We currently require shared file system for multi-node RL training.
To faciliate multi-node RL training, ensure that all nodes have access to a shared file system and that the node that will run the inference server is reachable from the orchestrator via a private or public IP address. Then, set the following environment variables on all nodes:
# On all nodes
export OUTPUT_DIR=...               # Path to directory in shared file system
export INFERENCE_SERVER_IP=...      # Reachable IP address of the inference node
export INFERENCE_SERVER_API_KEY=... # API key for the inference server
Then, start the inference server on one node.
# On one node
uv run inference ... \
    --api-key $INFERENCE_SERVER_API_KEY --parallel ...

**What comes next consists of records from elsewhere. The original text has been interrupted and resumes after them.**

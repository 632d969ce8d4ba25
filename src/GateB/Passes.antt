-- ===== src/GateB/Passes.antt =====
-- When `run_gate` of scripts/gate_b.py passes: which errors of the analysis a specification that the gate
-- itself has made can have.
use ao_operator.Base.{
  ℕ, ◌+◌, ◌≡◌, refl, ◌∙◌, ap, Bool, true, not, ◌&&◌, ◌||◌, List, [], ◌∷◌, ◌++◌, map, all, filter,
  arith, if◌then◌else◌,
}
use ao_operator.Base.Empty.{is_empty, is_empty-append}
use ao_operator.Text.{mem, first_of_each, Text, teq_refl}
use ao_operator.GateB.Paths.{concrete_path, render_slug}
use ao_operator.GateB.Slices.{RawSlice, validate_partition_slices}
use ao_operator.GateB.Spec.{
  Role, role_contract, role_contracts, role_artifact_of, spec_role, spec_contract,
  constitution_contract, lint_constitution, list_str, spec_role_errors, spec_roles_errors,
  spec_kit_analyze, AnalyzeError, error_if, run_gate,
}

all-filter : (p : Text → Bool) (l : List Text) → all p (filter p l) ≡ true
all-filter p [] = refl
all-filter p (t ∷ l) = ground (arith, all-filter p l)

all-first_of_each :
    (p : Text → Bool) (seen l : List Text) → all p l ≡ true → all p (first_of_each seen l) ≡ true
unfolding first_of_each
all-first_of_each p seen [] h = refl
all-first_of_each p seen (t ∷ l) h = ground (arith, h, all-first_of_each p (t ∷ seen) l)

-- A role has an id that no role before it has, and none of its writes is empty.
abbrev pub is_new : List Text → Role → Bool
is_new seen r = not (is_empty r.id) && (not (mem r.id seen) && list_str r.writes)

abbrev pub is_new_each : List Text → List Role → Bool
is_new_each seen [] = true
is_new_each seen (r ∷ roles) = let rest = is_new_each (r.id ∷ seen) roles in is_new seen r && rest

is_empty-checks :
    (a b c d e : Bool) (x y z v w : AnalyzeError)
    → d ≡ true
    → e ≡ true
    → is_empty (
        if a
        then x ∷ []
        else error_if b y ++ (error_if (not c) z ++ (if not d then v ∷ [] else error_if (not e) w)))
      ≡ (not a && (not b && c))
is_empty-checks a b c d e x y z v w h k = ground (arith, h, k)

-- The artifact of a role that the gate has specified is not empty, and is one of the allowed.
is_empty-spec_role :
    (slug : Text) (index : ℕ) (seen : List Text) (r : Role)
    → is_empty (spec_role_errors index seen (spec_role slug r)) ≡ is_new seen (role_contract slug r)
unfolding spec_role_errors spec_role role_contract role_artifact_of first_of_each
is_empty-spec_role slug index seen r =
    let artifact = role_artifact_of slug r.id in
    let paths =
      filter (λ t. not (is_empty t)) (map concrete_path (map (render_slug slug) r.writes)) in
    let allowed = first_of_each [] (artifact ∷ paths) in
    is_empty-checks (is_empty r.id) (mem r.id seen) (list_str (map (render_slug slug) r.writes))
      (list_str allowed) (mem artifact allowed) (AnalyzeError.id_required index)
      (AnalyzeError.duplicate_id index) (AnalyzeError.writes_type index)
      (AnalyzeError.allowed_type index) (AnalyzeError.allowed_missing index)
      (all-first_of_each (λ t. not (is_empty t)) [] (artifact ∷ paths)
        (all-filter (λ t. not (is_empty t)) (map concrete_path (map (render_slug slug) r.writes))))
      (ap (λ b. b || mem artifact (first_of_each (artifact ∷ []) paths)) (teq_refl artifact))

is_new-seen :
    (id : Text) (seen : List Text) (b : Bool) (f : List Text → Bool)
    → ((not (is_empty id) && b) && f (if is_empty id then seen else id ∷ seen))
      ≡ ((not (is_empty id) && b) && f (id ∷ seen))
is_new-seen [] seen b f = refl
is_new-seen (c ∷ id) seen b f = refl

is_empty-spec_roles :
    (slug : Text) (index : ℕ) (seen : List Text) (roles : List Role)
    → is_empty (spec_roles_errors index seen (map (spec_role slug) roles))
      ≡ is_new_each seen (role_contracts slug roles)
unfolding spec_roles_errors spec_role role_contract
is_empty-spec_roles slug index seen [] = refl
is_empty-spec_roles slug index seen (r ∷ roles) =
    let next = if is_empty r.id then seen else r.id ∷ seen in
    is_empty-append (spec_role_errors index seen (spec_role slug r))
      (spec_roles_errors (index + 1) next (map (spec_role slug) roles))
    ∙ cc (is_empty-spec_role slug index seen r, is_empty-spec_roles slug (index + 1) next roles)
    ∙ is_new-seen r.id seen (not (mem r.id seen) && list_str (role_contract slug r).writes)
        (λ l. is_new_each l (role_contracts slug roles))

constitution_clean : lint_constitution constitution_contract ≡ []
unfolding lint_constitution
constitution_clean = refl

is_empty-analyze :
    (slug : Text) (roles : List Role)
    → is_empty (
        if is_empty (map (spec_role slug) roles)
        then AnalyzeError.roles_empty ∷ []
        else spec_roles_errors 1 [] (map (spec_role slug) roles))
      ≡ (not (is_empty roles) && is_new_each [] (role_contracts slug roles))
is_empty-analyze slug [] = refl
is_empty-analyze slug (r ∷ roles) = is_empty-spec_roles slug 1 [] (r ∷ roles)

is_empty-contracts :
    (slug : Text) (roles : List Role) → is_empty (role_contracts slug roles) ≡ is_empty roles
is_empty-contracts slug [] = refl
is_empty-contracts slug (r ∷ roles) = refl

-- Gate B passes exactly if the intake and the profile have no error, there is a role, each role has an id
-- of its own and no empty write, with the slug put in, and the partition has no error.
pub run_gate-passes :
    (slug : Text) (intake_errors profile_errors : List Text) (roles : List Role)
    (raw_slices : List RawSlice)
    → (run_gate slug intake_errors profile_errors roles raw_slices).passes ≡ (
        is_empty intake_errors
        && (is_empty profile_errors
            && (not (is_empty roles)
                && is_new_each [] (role_contracts slug (role_contracts slug roles))
                && is_empty (validate_partition_slices slug raw_slices).errors)))
unfolding run_gate spec_kit_analyze spec_contract
run_gate-passes slug intake_errors profile_errors roles raw_slices =
    cc (is_empty-analyze slug (role_contracts slug roles), is_empty-contracts slug roles)
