-- ===== src/GateB/Profile.antt =====
-- scripts/gate_b.py: `validate_profile`, on a profile as it is read from JSON. A field is `none` where it
-- is missing or of another type, and so is an item of a list.
use ao_operator.Base.{
  ℕ, ◌+◌, Bool, true, false, not, Option, none, some, List, [], ◌∷◌, ◌++◌, all, map, is_some,
  if◌then◌else◌,
}
use ao_operator.Base.Empty.{is_empty}
use ao_operator.Text.{Text, codes, teq, mem}
use ao_operator.GateB.Slices.{given, or_empty}
use ao_operator.GateB.Spec.{Role}

abbrev pub Items : Type 0
Items = Option (List (Option Text))

pub record ProfileRole : Type 0 where
  pub id : Option Text
  pub reads : Items
  pub writes : Items
  pub skills : Items
  pub instructions : Items
  pub deps : Items
  pub is_mutator : Bool

pub record Shell : Type 0 where
  pub allow_prefixes : Items
  pub require_approval_for : Items
  pub deny_prefixes : Items

pub record Fs : Type 0 where
  pub write_scopes_must_match_contract : Option Bool
  pub deny_outside_workspace : Option Bool

pub record Network : Type 0 where
  pub egress_default : Option Text
  pub allow_hosts : Items

pub record Secrets : Type 0 where
  pub forbidden_env : Items
  pub require_approval_for_read : Option Bool

pub record Posture : Type 0 where
  pub shell : Option Shell
  pub fs : Option Fs
  pub network : Option Network
  pub secrets : Option Secrets

-- No posture is as good as null.
pub data PostureField : Type 0 where
  absent malformed : PostureField
  posture : Posture → PostureField

pub record Profile : Type 0 where
  pub schema : Option Text
  pub roles : Option (List (Option ProfileRole))
  pub policy_posture : PostureField

pub data ProfileFile : Type 0 where
  invalid_json not_object : ProfileFile
  profile : Profile → ProfileFile

pub data ProfileError : Type 0 where
  json_invalid no_object profile_schema profile_roles : ProfileError
  role_object role_id role_duplicate : ℕ → ProfileError
  role_field : ℕ → (field : Text) → ProfileError
  posture_object : ProfileError
  posture_part posture_field : (name : Text) → ProfileError

abbrev pub error_if : Bool → ProfileError → List ProfileError
error_if true e = e ∷ []
error_if false e = []

-- `_list_str`
abbrev pub is_list_str : Items → Bool
is_list_str none = false
is_list_str (some l) = all given l

-- The tests on the five lists of a role.
abbrev pub field_errors : ℕ → ProfileRole → List ProfileError
field_errors index r =
    error_if (not (is_list_str r.reads)) (role_field index (codes "reads"))
    ++ (error_if (not (is_list_str r.writes)) (role_field index (codes "writes"))
        ++ (error_if (not (is_list_str r.skills)) (role_field index (codes "skills"))
            ++ (error_if (not (is_list_str r.instructions))
                  (role_field index (codes "instructions"))
                ++ error_if (not (is_list_str r.deps)) (role_field index (codes "deps")))))

-- The loop over the roles, behind the ids that were seen.
unfoldable pub roles_errors : ℕ → List Text → List (Option ProfileRole) → List ProfileError
unfolding teq
roles_errors index seen [] = []
roles_errors index seen (none ∷ roles) = role_object index ∷ roles_errors (index + 1) seen roles
roles_errors index seen (some r ∷ roles) =
    let id = or_empty r.id in
    let skipped = roles_errors (index + 1) seen roles in
    let rest = roles_errors (index + 1) (id ∷ seen) roles in
    if is_empty id
    then role_id index ∷ skipped
    else error_if (mem id seen) (role_duplicate index) ++ (field_errors index r ++ rest)

unfoldable pub all_roles_errors : Option (List (Option ProfileRole)) → List ProfileError
unfolding roles_errors
all_roles_errors none = profile_roles ∷ []
all_roles_errors (some []) = profile_roles ∷ []
all_roles_errors (some (r ∷ roles)) = roles_errors 1 [] (r ∷ roles)

abbrev pub shell_errors : Option Shell → List ProfileError
shell_errors none = posture_part (codes "shell") ∷ []
shell_errors (some s) =
    error_if (not (is_list_str s.allow_prefixes)) (posture_field (codes "shell.allow_prefixes"))
    ++ (error_if (not (is_list_str s.require_approval_for))
          (posture_field (codes "shell.require_approval_for"))
        ++ error_if (not (is_list_str s.deny_prefixes))
            (posture_field (codes "shell.deny_prefixes")))

abbrev pub fs_errors : Option Fs → List ProfileError
fs_errors none = posture_part (codes "fs") ∷ []
fs_errors (some f) =
    error_if (not (is_some f.write_scopes_must_match_contract))
      (posture_field (codes "fs.write_scopes_must_match_contract"))
    ++ error_if (not (is_some f.deny_outside_workspace))
        (posture_field (codes "fs.deny_outside_workspace"))

unfoldable pub network_errors : Option Network → List ProfileError
unfolding teq
network_errors none = posture_part (codes "network") ∷ []
network_errors (some n) =
    error_if (not (mem (or_empty n.egress_default) (codes "allow" ∷ codes "deny" ∷ [])))
      (posture_field (codes "network.egress_default"))
    ++ error_if (not (is_list_str n.allow_hosts)) (posture_field (codes "network.allow_hosts"))

abbrev pub secrets_errors : Option Secrets → List ProfileError
secrets_errors none = posture_part (codes "secrets") ∷ []
secrets_errors (some s) =
    error_if (not (is_list_str s.forbidden_env)) (posture_field (codes "secrets.forbidden_env"))
    ++ error_if (not (is_some s.require_approval_for_read))
        (posture_field (codes "secrets.require_approval_for_read"))

unfoldable pub posture_errors : PostureField → List ProfileError
unfolding network_errors
posture_errors absent = []
posture_errors malformed = posture_object ∷ []
posture_errors (posture p) =
    shell_errors p.shell
    ++ (fs_errors p.fs ++ (network_errors p.network ++ secrets_errors p.secrets))

abbrev pub is_schema : Text → Option Text → Bool
is_schema t none = false
is_schema t (some u) = teq u t

unfoldable pub validate_profile : ProfileFile → List ProfileError
unfolding teq all_roles_errors posture_errors
validate_profile invalid_json = json_invalid ∷ []
validate_profile not_object = no_object ∷ []
validate_profile (profile p) =
    error_if (not (is_schema (codes "ao-operator/profile/v1") p.schema)) profile_schema
    ++ (all_roles_errors p.roles ++ posture_errors p.policy_posture)

-- The roles of a profile, as `role_contracts` reads them of a profile without an error.
abbrev pub texts_in : Items → List Text
texts_in none = []
texts_in (some l) = map or_empty l

abbrev pub read_role : ProfileRole → Role
read_role r = record {
  id = or_empty r.id;
  reads = texts_in r.reads;
  writes = texts_in r.writes;
  skills = texts_in r.skills;
  is_mutator = r.is_mutator;
}

abbrev pub read_roles : List (Option ProfileRole) → List Role
read_roles [] = []
read_roles (none ∷ roles) = read_roles roles
read_roles (some r ∷ roles) = read_role r ∷ read_roles roles

abbrev pub read_given : Option (List (Option ProfileRole)) → List Role
read_given none = []
read_given (some roles) = read_roles roles

abbrev pub roles_of : ProfileFile → List Role
roles_of invalid_json = []
roles_of not_object = []
roles_of (profile p) = read_given p.roles
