-- ===== src/GateB/Profiled.antt =====
-- Gate B with a valid profile: its own analysis of the roles finds nothing more.
use ao_operator.Base.{
  ℕ, ◌+◌, ◌≡◌, refl, sym, ◌∙◌, ap, Bool, true, false, not, ◌&&◌, Option, none, some, List, [], ◌∷◌,
  ◌++◌, map, length, if◌then◌else◌, arith, Bool-cases, inl, inr,
}
use ao_operator.Base.Empty.{is_empty, is_empty-append}
use ao_operator.Text.{Text, codes, mem, remove_prefix}
use ao_operator.GateB.Paths.{slug_mark, replace_from, render_slug}
use ao_operator.GateB.Slices.{RawSlice, or_empty, validate_partition_slices}
use ao_operator.GateB.Spec.{Role, role_contract, role_contracts, list_str, run_gate}
use ao_operator.GateB.Passes.{is_new_each, run_gate-passes}
use ao_operator.GateB.Profile.{
  Items, ProfileRole, ProfileFile, invalid_json, not_object, profile, ProfileError, error_if,
  is_list_str, field_errors, roles_errors, all_roles_errors, posture_errors, is_schema,
  validate_profile, texts_in, read_roles, read_given, roles_of,
}

is_empty-replaced :
    (c d : ℕ) (slug s : Text) (f : Text → Text) (o : Option Text)
    → is_empty (elim o [ none ↦ c ∷ s | some rest ↦ (d ∷ slug) ++ f rest ]) ≡ false
is_empty-replaced c d slug s f none = refl
is_empty-replaced c d slug s f (some rest) = refl

-- A slug that is not empty keeps a text that is not empty from being so.
is_empty-render : (d : ℕ) (slug t : Text) → is_empty (render_slug (d ∷ slug) t) ≡ is_empty t
unfolding render_slug replace_from
is_empty-render d slug [] = refl
is_empty-render d slug (c ∷ t) =
    is_empty-replaced c d slug (replace_from (length t) slug_mark (d ∷ slug) t)
      (replace_from (length t) slug_mark (d ∷ slug)) (remove_prefix slug_mark (c ∷ t))

list_str-render :
    (d : ℕ) (slug : Text) (l : List Text) → list_str (map (render_slug (d ∷ slug)) l) ≡ list_str l
list_str-render d slug [] = refl
list_str-render d slug (t ∷ l) = cc (is_empty-render d slug t, list_str-render d slug l)

is_new_each-contracts :
    (d : ℕ) (slug : Text) (seen : List Text) (roles : List Role)
    → is_new_each seen (role_contracts (d ∷ slug) roles) ≡ is_new_each seen roles
unfolding role_contract
is_new_each-contracts d slug seen [] = refl
is_new_each-contracts d slug seen (r ∷ roles) =
    cc (list_str-render d slug r.writes, is_new_each-contracts d slug (r.id ∷ seen) roles)

list_str-texts : (i : Items) → is_list_str i ≡ true → list_str (texts_in i) ≡ true
list_str-texts none h = absurd (ground arith)
list_str-texts (some []) h = refl
list_str-texts (some (none ∷ l)) h = absurd (ground arith)
list_str-texts (some (some t ∷ l)) h = ground (arith, h, list_str-texts (some l))

is_empty-round :
    (a b : Bool) (e x : ProfileError) (skipped fields rest : List ProfileError)
    → is_empty (if a then e ∷ skipped else error_if b x ++ (fields ++ rest))
      ≡ (not a && (not b && (is_empty fields && is_empty rest)))
is_empty-round true b e x skipped fields rest = refl
is_empty-round false true e x skipped fields rest = refl
is_empty-round false false e x skipped fields rest = is_empty-append fields rest

field_errors-writes :
    (index : ℕ) (r : ProfileRole)
    → is_empty (field_errors index r) ≡ true
    → is_list_str r.writes ≡ true
field_errors-writes index r h = elim (Bool-cases (is_list_str r.writes)) [
  | inl fine ↦ fine
  | inr bad ↦ absurd (ground (arith, h, bad))
]

roles_errors-new :
    (index : ℕ) (seen : List Text) (roles : List (Option ProfileRole))
    → is_empty (roles_errors index seen roles) ≡ true
    → is_new_each seen (read_roles roles) ≡ true
unfolding roles_errors
roles_errors-new index seen [] h = refl
roles_errors-new index seen (none ∷ roles) h = absurd (ground arith)
roles_errors-new index seen (some r ∷ roles) h =
    let id = or_empty r.id in
    let fields = field_errors index r in
    let rest = roles_errors (index + 1) (id ∷ seen) roles in
    let fine =
      sym (
        is_empty-round (is_empty id) (mem id seen) (ProfileError.role_id index)
          (ProfileError.role_duplicate index) (roles_errors (index + 1) seen roles) fields rest)
      ∙ h in
    let fields_fine : is_empty fields ≡ true = ground (arith, fine) in
    let rest_fine : is_empty rest ≡ true = ground (arith, fine) in
    ground (
      arith,
      fine,
      list_str-texts r.writes (field_errors-writes index r fields_fine),
      roles_errors-new (index + 1) (id ∷ seen) roles rest_fine,
    )

-- A list of roles that gives a role for its first.
roles_errors-first :
    (roles : List (Option ProfileRole))
    → is_empty (all_roles_errors (some roles)) ≡ true
    → (not (is_empty (read_roles roles)) && is_new_each [] (read_roles roles)) ≡ true
unfolding all_roles_errors roles_errors
roles_errors-first [] h = absurd (ground arith)
roles_errors-first (none ∷ roles) h = absurd (ground arith)
roles_errors-first (some r ∷ roles) h = roles_errors-new 1 [] (some r ∷ roles) h

given-roles :
    (o : Option (List (Option ProfileRole)))
    → is_empty (all_roles_errors o) ≡ true
    → (not (is_empty (read_given o)) && is_new_each [] (read_given o)) ≡ true
unfolding all_roles_errors
given-roles none h = absurd (ground arith)
given-roles (some roles) h = roles_errors-first roles h

middle : (xs ys zs : List ProfileError) → is_empty (xs ++ (ys ++ zs)) ≡ true → is_empty ys ≡ true
middle [] [] zs h = refl
middle [] (y ∷ ys) zs h = absurd (ground arith)
middle (x ∷ xs) ys zs h = absurd (ground arith)

validate_profile-roles :
    (file : ProfileFile)
    → validate_profile file ≡ []
    → (not (is_empty (roles_of file)) && is_new_each [] (roles_of file)) ≡ true
unfolding validate_profile
validate_profile-roles invalid_json h = absurd (ground (arith, ap is_empty h))
validate_profile-roles not_object h = absurd (ground (arith, ap is_empty h))
validate_profile-roles (profile p) h = given-roles p.roles (
    middle
      (error_if (not (is_schema (codes "ao-operator/profile/v1") p.schema))
        ProfileError.profile_schema)
      (all_roles_errors p.roles) (posture_errors p.policy_posture) (ap is_empty h))

-- With a profile that validate_profile accepts and a slug that is not empty, Gate B passes exactly if the
-- intake and the partition have no error.
pub run_gate-profile :
    (slug : Text) (intake_errors : List Text) (file : ProfileFile) (raw_slices : List RawSlice)
    → is_empty slug ≡ false
    → validate_profile file ≡ []
    → (run_gate slug intake_errors [] (roles_of file) raw_slices).passes
      ≡ (is_empty intake_errors && is_empty (validate_partition_slices slug raw_slices).errors)
run_gate-profile [] intake_errors file raw_slices named valid = absurd (ground arith)
run_gate-profile (d ∷ slug) intake_errors file raw_slices named valid =
    let roles = roles_of file in
    let fine = validate_profile-roles file valid in
    let contracts =
      is_new_each-contracts d slug [] (role_contracts (d ∷ slug) roles)
      ∙ is_new_each-contracts d slug [] roles in
    let partition = is_empty (validate_partition_slices (d ∷ slug) raw_slices).errors in
    run_gate-passes (d ∷ slug) intake_errors [] roles raw_slices
    ∙ ap (λ b. is_empty intake_errors && (not (is_empty roles) && b && partition)) contracts
    ∙ ap (λ b. is_empty intake_errors && (b && partition)) fine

Then, start a single orchestrator
# On either node
uv run orchestrator ... \
    --client.base-url http://$INFERENCE_SERVER_IP:8000/v1 \
    --client.api-key-var INFERENCE_SERVER_API_KEY \
    --output-dir $OUTPUT_DIR
Finally, start the trainer on one as described in the Trainer section.
# On other node
uv run torchrun \
    --nproc-per-node 8 \
    --local-rank-filter 0 \
    src/prime_rl/trainer/rl/train.py ... \
    --output-dir $OUTPUT_DIR
Of course, you can further scale up the number of nodes used by the trainer and inference server, as described in the sections above. However, make sure that there is only a single orchestrator instance.

SLURM

TBD.